BSDE dan SMRA kebalikannya, sengketa ada, tapi lebih terkendali dan banyak yang sudah selesai dengan kemenangan berkekuatan hukum tetap. BSDE melalui entitas anak disebut sudah menuntaskan 6 gugatan utama sampai kasasi, sehingga sengketa tidak lagi menggantung aset inti. SMRA juga punya beberapa kasus lahan di beberapa proyek, namun mayoritas perkara besar sudah inkracht dimenangkan, sehingga efeknya lebih mirip biaya operasional legal tahunan ketimbang ancaman fundamental. Di tiga emiten ini, perbedaan utamanya bukan ada atau tidak ada sengketa, tapi apakah sengketa itu mengunci mesin pendapatan atau tidak dan apakah pengacara nya jago atau tidak. Pengacara BSDE bisa dibilang jago.

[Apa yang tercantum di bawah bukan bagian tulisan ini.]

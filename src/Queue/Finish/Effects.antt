-- ===== src/Queue/Finish/Effects.antt =====
-- `finish` and `CancelContext` of internal/bitci/controller.go as changes of the tables.
use bitci.Prelude.{
  ℕ, Bool, true, false, not, Option, none, some, ◌≡◌, refl, ◌==◌, nat_eq, arith, Bool-cases, inl,
  inr,
}
use bitci.Prelude.Text.{Text}
use bitci.Prelude.Int.{ℤ, int_eq}
use bitci.Config.{Config}
use bitci.Queue.{Job, Store, Git, Host, World}
use bitci.Queue.Table.{count, find, update, is_queued, is_active, has_id}
use bitci.Queue.Rows.{Revises, ends}
use bitci.Queue.Edits.{Edits, here, releases, Edits-one, Edits-trans, SameRows-Edits, update-Edits}
use bitci.Queue.BatchRefs.{release_batch_ref}
use bitci.Queue.BatchRefs.Rows.{release-SameRows}
use bitci.Queue.Retention.{prune_logs}
use bitci.Queue.Retention.Effects.{prune_logs-Edits}
use bitci.Queue.Finish.{
  state_of_code, finish_row, cancel_row, drop_leases, matching, finish, cancel_known,
  cancel_context,
}

state_of_code-final : (code : ℤ) → is_active (state_of_code code) ≡ false
state_of_code-final code = ground arith

pub finish_row-Revises :
    (id now : ℕ) (code : ℤ) (log_path : Text) (pending : Bool) (row : Job)
    → matching id is_active row ≡ true
    → Revises row (finish_row now code log_path pending row)
unfolding finish_row
finish_row-Revises id now code log_path pending row h = record {
  id = refl;
  batch = refl;
  task = refl;
  config_json = refl;
  move = ends (ground arith) (state_of_code-final code);
}

pub cancel_row-Revises :
    (now : ℕ) (row : Job) → is_queued row.state ≡ true → Revises row (cancel_row now row)
unfolding cancel_row
cancel_row-Revises now row h = record {
  id = refl;
  batch = refl;
  task = refl;
  config_json = refl;
  move = ends (ground arith) refl;
}

module _ {Repo : Type 0} (git : Git Repo) (host : Host) (own : Config) where
  pub release-Edits :
      (w : World Repo) (batch root : Text)
      → Edits own w.store (release_batch_ref git host w batch root).0.store
  release-Edits w batch root = SameRows-Edits own _ _ (release-SameRows git host w batch root)

  -- The tables right after the row has ended.
  abbrev pub ended_rows : Store → Job → ℤ → Bool → Store
  ended_rows s job code pending = record s {
    jobs =
        update (matching job.id is_active) (finish_row host.now code job.log_path pending) s.jobs;
  }

  -- What follows is the removal of logs and of leases, and the batch's ref.
  pub finish-after :
      (remove : Text → Bool) (w : World Repo) (job : Job) (code : ℤ) (pending : Bool)
      → (count (matching job.id is_active) w.store.jobs == 0) ≡ false
      → Edits own
          (ended_rows w.store job code pending)
          (finish git host remove own w job code pending).0.store
  unfolding finish drop_leases
  finish-after remove w job code pending present = rw present (
      Edits-trans (prune_logs-Edits own remove (ended_rows w.store job code pending)) (
        Edits-trans (Edits-one (releases (λ l. not (l.job_id == job.id)) refl refl))
          (release-Edits (record w { store = free }) job.batch job.checkout_root)))
    where
      free : Store
      free =
          let pruned = (prune_logs remove own (ended_rows w.store job code pending)).0 in
          record pruned { leases = drop_leases job.id pruned.leases }

  pub finish-Edits :
      (remove : Text → Bool) (w : World Repo) (job : Job) (code : ℤ) (pending : Bool)
      → Edits own w.store (finish git host remove own w job code pending).0.store
  unfolding finish
  finish-Edits remove w job code pending =
      elim (Bool-cases (count (matching job.id is_active) w.store.jobs == 0)) [
        | inl absent ↦ rw absent here
        | inr present ↦
            Edits-trans
              (update-Edits own w.store (ended_rows w.store job code pending)
                (matching job.id is_active) (finish_row host.now code job.log_path pending)
                (finish_row-Revises job.id host.now code job.log_path pending) refl refl)
              (finish-after remove w job code pending present)
      ]

  cancel_known-Edits :
      (w : World Repo) (id : ℕ) (o : Option Job)
      → Edits own w.store (cancel_known git host w id o).0.store
  unfolding cancel_known
  cancel_known-Edits w id none = here
  cancel_known-Edits w id (some job) =
      elim (Bool-cases (count (matching id is_queued) w.store.jobs == 1)) [
        | inl one ↦ rw one (
            Edits-trans cancelled
              (release-Edits (record w { store = after }) job.batch job.checkout_root))
        | inr other ↦ rw other cancelled
      ]
    where
      after : Store
      after = record (w.store) {
        jobs = update (matching id is_queued) (cancel_row host.now) w.store.jobs;
      }

      cancelled : Edits own w.store after
      cancelled =
          update-Edits own w.store after (matching id is_queued) (cancel_row host.now)
            (λ row h. cancel_row-Revises host.now row (ground arith)) refl refl

  pub cancel-Edits :
      (w : World Repo) (id : ℕ) → Edits own w.store (cancel_context git host w id).0.store
  unfolding cancel_context
  cancel-Edits w id = cancel_known-Edits w id (find (has_id id) w.store.jobs)
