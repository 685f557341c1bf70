-- ===== src/Queue/OrphanRefs.antt =====
-- The check of all recorded refs when the controller starts: `cleanupOrphanBatchRefs` of
-- internal/bitci/controller.go.
pub mod Rows
use bitci.Prelude.{
  ℕ, Bool, true, false, not, ◌&&◌, ◌||◌, Option, none, some, List, [], ◌∷◌, ◌==◌, if◌then◌else◌,
  nat_eq,
}
use bitci.Prelude.Text.{Text}
use bitci.Prelude.Strings.{equal_fold, trim_space}
use bitci.Prelude.Result.{Result, ok, err}
use bitci.Queue.{
  Job, BatchRef, Store, Git, Host, QueueError, lock_failed, ref_changed, pin_failed, unpin_failed,
  World,
}
use bitci.Queue.Table.{count, in_batch}
use bitci.Queue.BatchRefs.{batch_ref, protects, drop_batch_ref}

module _ {Repo : Type 0} (git : Git Repo) (host : Host) where
  -- The batch still has work: a missing ref is restored if its commit is there.
  unfoldable pub keep_active :
      World Repo → BatchRef → Option Text → World Repo × Result QueueError (Unit {0})
  keep_active w owned (some actual) =
      if equal_fold (trim_space actual) owned.ref then (w, ok tt) else (w, err ref_changed)
  keep_active w owned none =
      if git.has_commit w.repo owned.checkout_root owned.ref
      then elim (git.update_ref w.repo owned.checkout_root (batch_ref owned.batch) owned.ref) [
        | none ↦ (w, err pin_failed)
        | some repo ↦ (record w { repo = repo }, ok tt)
      ]
      else (w, ok tt)

  abbrev pub forget : World Repo → BatchRef → World Repo
  forget w owned = record w { store = drop_batch_ref owned.batch w.store }

  -- The batch is done: the ref goes if it is the recorded one, and the row goes.
  unfoldable pub drop_idle :
      World Repo → BatchRef → Option Text → World Repo × Result QueueError (Unit {0})
  drop_idle w owned none = (forget w owned, ok tt)
  drop_idle w owned (some actual) =
      if equal_fold (trim_space actual) owned.ref
      then elim (git.delete_ref w.repo owned.checkout_root (batch_ref owned.batch)) [
        | none ↦ (w, err unpin_failed)
        | some repo ↦ (forget (record w { repo = repo }) owned, ok tt)
      ]
      else (forget w owned, ok tt)

  abbrev pub is_null_text : Option Text → Bool
  is_null_text none = true
  is_null_text (some t) = false

  unfoldable pub check_ref :
      World Repo → BatchRef → Option Text → World Repo × Result QueueError (Unit {0})
  check_ref w owned actual =
      if is_null_text actual && not (git.is_repository w.repo owned.checkout_root)
      then (w, ok tt)
      else if count (λ job. in_batch owned.batch job && protects job) w.store.jobs == 0
      then drop_idle w owned actual
      else keep_active w owned actual

  unfoldable pub check_refs : World Repo → List BatchRef → World Repo × Result QueueError (Unit {0})
  check_refs w [] = (w, ok tt)
  check_refs w (owned ∷ refs) =
      let (next, result) =
        check_ref w owned (git.rev_parse w.repo owned.checkout_root (batch_ref owned.batch)) in
      let rest = check_refs next refs in elim result [ err e ↦ (next, err e) | ok u ↦ rest ]

  unfoldable pub cleanup_orphan_refs : World Repo → World Repo × Result QueueError (Unit {0})
  cleanup_orphan_refs w =
      if host.locked then check_refs w w.store.batch_refs else (w, err lock_failed)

CTRA menarik karena sengketanya bukan melawan pemerintah atau warga, melainkan konflik kemitraan yang sistemik dengan satu pihak dan pecah jadi lebih dari 10 perkara. Secara putusan, CTRA dominan menang sampai MA dan PK, jadi risikonya bergeser dari ancaman ganti rugi menjadi peluang tagihan. Angka yang paling berasa adalah potensi piutang atau ganti rugi Rp326,4 miliar, lalu jalur PKPU untuk menagih sisa kewajiban Rp296,4 miliar, sekitar 90,81% dari nilai Rp326,4 miliar. Buat investor, ini bisa jadi event kas masuk, tetapi syaratnya, proses penagihan harus benar-benar menghasilkan pembayaran, bukan cuma menang di kertas. Pengacara CTRA juga jago.
JRPT kasusnya lahannya lebih ringan karena sengketanya berupa lahan perorangan di Rajeg Mulya dengan luas total sekitar 6.485 m2, dan statusnya masih berjalan sampai kasasi. Dibanding land bank besar JRPT yang fokus di area matang seperti Bintaro dan sekitarnya, objek ini relatif kecil sehingga kecil juga peluangnya mengganggu pengakuan pendapatan proyek utama. Sisi kurang enaknya, perkara yang berjalan tetap menyedot waktu dan biaya, tetapi bobotnya tidak terlihat seperti ancaman neraca. Pengacara JRPT bisa belajar dari BSDE dan CTRA. Upgrade skill https://cutt.ly/Ve3nZHZf
DILD punya sengketa lebih kompleks dari JRPT karena campuran kasusnya beragam, reklamasi, tanah terlantar terkait BPN, sampai penyitaan aset oleh Kejaksaan yang sumber masalahnya pihak ketiga. Untuk aset fisik yang eksplisit terancam di luar reklamasi, ada Rp17,24 miliar dari isu penyitaan dan Rp20,58 miliar dari isu tanah terlantar, total Rp37,82 miliar. Ini jauh lebih kecil dari APLN, APLN sekitar 21,86 kali DILD untuk angka aset yang terikat reklamasi, tetapi DILD punya kerumitan karena jenis kasusnya banyak dan jalurnya bisa beda-beda. Di sisi positif, DILD berhasil menang Peninjauan Kembali terkait izin reklamasi Pulau H, sehingga posisi hukumnya jauh lebih aman daripada APLN, walau tetap perlu tindak lanjut prosedural agar proyek benar-benar bisa berjalan lagi. Pengacara DILD jago juga.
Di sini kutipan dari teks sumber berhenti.